26 и жерцы его отвергошася закона Моего и оскверниша святая Моя: между святым и сквернавым не разлучаху, и между нечистым и чистым не разделяху, и от суббот Моих покрываху очи свои, и оскверняху Мя посреде себе:
Haar priesters doen Mijn wet geweld aan, en zij ontheiligen Mijn heilige dingen; tussen het heilige en het onheilige maken zij geen onderscheid, en het verschil tussen het onreine en reine geven zij niet te kennen; daartoe verbergen zij hun ogen van Mijn sabbatten; ja, Ik word in het midden van hen ontheiligd.
27 князи его среде его яко волцы восхищающе похищения, еже пролияти кровь и погубити душы, яко да лихоимством лихоимствуют:
Haar vorsten zijn in het midden van haar als wolven, die een roof roven, om bloed te vergieten, en om zielen te verderven; opdat zij gierigheid zouden plegen.
28 и пророцы его помазующии их падут, видящии суетная, волхвующии ложная, глаголюще: сия глаголет Адонаи Господь: а Господь не глагола.
Haar profeten nu pleisteren hen met loze kalk; ziende ijdelheid en hun leugen voorzeggende, zeggende: Alzo zegt de Heere HEERE! en de HEERE heeft niet gesproken.
29 Людий земли утесняюще неправдою и восхищающе восхищения, нища и убога насильствующе и со пришелцем не живуще судом.
Het volk des lands pleegt enkel verdrukking, en bedrijft enkel roverij, ook onderdrukken zij den ellendige en nooddruftige, en den vreemdeling verdrukken zij zonder recht.

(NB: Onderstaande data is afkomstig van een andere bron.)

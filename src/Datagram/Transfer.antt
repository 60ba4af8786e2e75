-- ===== src/Datagram/Transfer.antt =====
-- What sending and receiving do with a packet (src/net/socket_base.cpp).
use taurus.Shared.{
  ℕ, zero, suc, ◌+◌, ◌-◌, ◌%◌, ◌^◌, ◌≤◌, ◌<◌, ◌≡◌, ◌≢◌, refl, sym, subst, List, [], ◌∷◌, ◌++◌,
  length, take, drop, some, done, abort, fault, arith, leb, true, false,
}
use taurus.Shared.Int.{ℤ, pos}
use taurus.RuntimeError.{RuntimeError, is_error}
use taurus.Kernel.{minus_one, eagain, keeps_last, Platform, sys_sendto, sys_recvfrom}
use taurus.SocketAddress.{Impl, InetSocketAddress, impl_caddr, caddr, caddr_size}
use taurus.SocketIo.{Io, size_mod, room, open_on, write_to, read_from, send_failed}
use taurus.SocketIo.Sends
use taurus.SocketIo.Receives.{read_from_lem}
use taurus.Datagram.{Packet, packet_with_to, send, receive, set_buf_len}

-- The length within the capacity, and as much storage as the capacity says; no object is larger than
-- half of the address space
pub record IsValid (d : Packet) : Type 0 where
  pub len_le : d.len ≤ d.cap
  pub cap_is : d.cap ≡ length d.buf
  pub cap_lt : d.cap < 2 ^ 63

send_failed-is_error :
    {K : Type 0} (p : Platform K) (endp : InetSocketAddress) (io : Io) (e : RuntimeError)
    → is_error (send_failed p endp io e) ≡ true
unfolding send_failed is_error
send_failed-is_error p endp io e = refl

drop-take_append : (n : ℕ) (xs ys : List ℕ) → n ≤ length xs → drop n (take n xs ++ ys) ≡ ys
drop-take_append zero xs ys h = refl
drop-take_append (suc n) [] ys h = absurd (omega arith)
drop-take_append (suc n) (x ∷ xs) ys h = drop-take_append n xs ys (omega arith)

length-drop : (n : ℕ) (xs : List ℕ) → n ≤ length xs → n + length (drop n xs) ≡ length xs
length-drop zero xs h = omega arith
length-drop (suc n) [] h = absurd (omega arith)
length-drop (suc n) (x ∷ xs) h = omega (arith, length-drop n xs (omega arith))

module _ {K : Type 0} (p : Platform K) where
  -- A packet made with a capacity and an endpoint has no endpoint: sending it, or receiving into it,
  -- dereferences a null pointer.
  pub endpoint_lost :
      (buf : List ℕ) (len cap : ℕ) (endp : InetSocketAddress) (fd : ℤ) (e : RuntimeError) (k : K)
      → (send p (packet_with_to buf len cap endp) fd e k ≡ fault)
        × (receive p (packet_with_to buf len cap endp) fd e k ≡ fault)
  unfolding packet_with_to send receive
  endpoint_lost buf len size endp fd e k = (refl, refl)

  -- The packet with an endpoint that holds an address
  abbrev pub addressed : Impl → Packet → Packet
  addressed i d = record d { endp = some (some i) }

  -- In a build where a missing return gives the last result: sending a valid packet to an endpoint
  -- makes one call: of the first bytes of the buffer, as many as the packet is long, to the C
  -- structure of the endpoint. What the system accepted is returned; EAGAIN gives 0, and another
  -- failure -1 and an error.
  pub send_lem :
      (d : Packet) (i : Impl) (fd : ℤ) (e : RuntimeError) (k : K)
      → p.fall_off ≡ keeps_last
      → IsValid d
      → let (r, k') = p.syscall (sys_sendto fd (take d.len d.buf) (some (impl_caddr i))) k in
        ((n : ℕ) → r.ret ≡ pos n → send p (addressed i d) fd e k ≡ done (pos n, e, k'))
        × (r.ret ≡ minus_one
            → r.errno ≡ eagain
            → send p (addressed i d) fd e k ≡ done (pos 0, e, k'))
        × (r.ret ≡ minus_one
            → r.errno ≢ eagain
            → (e' : RuntimeError) × (send p (addressed i d) fd e k ≡ done (minus_one, e', k'))
              × (is_error e' ≡ true))
  unfolding send write_to caddr caddr_size open_on
  send_lem d i fd e k keeps v = (
    λ n q. rw (keeps, room_is, fits) (ground arith),
    λ q again. rw (keeps, room_is, fits) (ground arith),
    λ q other. (
      send_failed p (some i) (open_on fd d.buf d.len) e,
      rw (keeps, room_is, fits) (ground arith),
      send_failed-is_error p (some i) (open_on fd d.buf d.len) e,
    ),
  )
    where
      room_is : (size_mod + d.len - 0) % size_mod ≡ d.len
      room_is = omega arith

      fits : leb (0 + d.len) (length d.buf) ≡ true
      fits = ground arith

  -- The reader that receive() makes: the storage behind the packet's length
  abbrev pub behind : ℤ → Packet → Io
  behind fd d = record { fd = fd; mem = drop d.len d.buf; size = d.cap - d.len; pos = 0 }

  behind-IsValid : (fd : ℤ) (d : Packet) → IsValid d → Sends.IsValid (behind fd d)
  behind-IsValid fd d v = record {
    pos_le = omega arith;
    size_is =
        omega
          (arith, length-drop d.len d.buf (omega (arith, v.len_le, v.cap_is)), v.cap_is, v.len_le);
    size_lt = omega (arith, v.cap_lt);
  }

  -- The packet after a message
  abbrev pub grown : Packet → Impl → ℕ → List ℕ → Packet
  grown d i n mem = record d {
    endp = some (some i);
    buf = take d.len d.buf ++ mem;
    len = d.cap - d.len + suc n;
  }

  after_read :
      (d : Packet) (i : Impl) (fd : ℤ) (e e' : RuntimeError) (k k' : K) (n : ℕ) (io' : Io)
      → IsValid d
      → suc n ≤ d.cap - d.len
      → read_from p (some i) (behind fd d) e k ≡ done (pos (suc n), io', e', k')
      → (d.len < suc n → receive p (addressed i d) fd e k ≡ abort)
        × (suc n ≤ d.len
            → receive p (addressed i d) fd e k ≡ done (pos (suc n), grown d i n io'.mem, e', k'))
  unfolding receive set_buf_len open_on
  after_read d i fd e e' k k' n io' v fits ran = (
    λ longer. rw (room_is, ran, room_is, length_is, too_long longer),
    λ shorter. rw (room_is, ran, room_is, length_is, short_enough shorter),
  )
    where
      room_is : (size_mod + d.cap - d.len) % size_mod ≡ d.cap - d.len
      room_is = omega arith

      length_is : (d.cap - d.len + suc n) % size_mod ≡ d.cap - d.len + suc n
      length_is = omega arith

      too_long : d.len < suc n → leb (d.cap - d.len + suc n) d.cap ≡ false
      too_long longer = ground arith

      short_enough : suc n ≤ d.len → leb (d.cap - d.len + suc n) d.cap ≡ true
      short_enough shorter = ground arith

  -- In a build where a missing return gives the last result: receive() into a valid packet with an
  -- endpoint, when the system has a message that fits behind what the packet holds. The new length
  -- is the room that was there, not the length, plus the size of the message: if the message is
  -- longer than what the packet held this exceeds the capacity and stops at the assert; if not,
  -- the message is stored behind the old length, and the number of its bytes is returned.
  pub receive_lem :
      (d : Packet) (i : Impl) (fd : ℤ) (e : RuntimeError) (k : K) (n : ℕ)
      → p.fall_off ≡ keeps_last
      → IsValid d
      → let (r, k') = p.syscall (sys_recvfrom fd (room (behind fd d))) k in
        r.ret ≡ pos (suc n)
        → length r.bytes ≡ suc n
        → suc n ≤ d.cap - d.len
        → (d.len < suc n → receive p (addressed i d) fd e k ≡ abort)
          × (suc n ≤ d.len
              → (d' : Packet) × (receive p (addressed i d) fd e k ≡ done (pos (suc n), d', e, k'))
                × (take (suc n) (drop d.len d'.buf) ≡ r.bytes)
                × (d'.len ≡ d.cap - d.len + suc n))
  receive_lem d i fd e k n keeps v q len fits =
      let (r, k') = p.syscall (sys_recvfrom fd (room (behind fd d))) k in
      let (io', ran, stored, at, io_v) =
        (read_from_lem p i (behind fd d) e k keeps (behind-IsValid fd d v)).0 n q len
          (omega arith) in
      let (longer, shorter) = after_read d i fd e e k k' n io' v fits ran in
      (
        longer,
        λ h. (
          grown d i n io'.mem,
          shorter h,
          subst (λ m. take (suc n) m ≡ r.bytes)
              (sym (drop-take_append d.len d.buf io'.mem (omega arith))) stored,
          refl,
        ),
      )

30 И исках от них мужа живуща право и стояща цело пред лицем Моим во время гнева Моего, еже бы не до конца погубити его, и не обретох.
Ik zocht nu een man uit hen, die den muur mocht toemuren, en voor Mijn aangezicht in de bresse staan voor het land, opdat Ik het niet mocht verderven; maar Ik vond niemand.
31 И излиях нань ярость Мою во огни гнева Моего, еже скончати я: пути их на главы их дах, глаголет Адонаи Господь.
Daarom heb Ik Mijn gramschap over hen uitgegoten; door het vuur Mijner verbolgenheid heb Ik hen verteerd; hun weg heb Ik op hun hoofd gegeven, spreekt de Heere HEERE.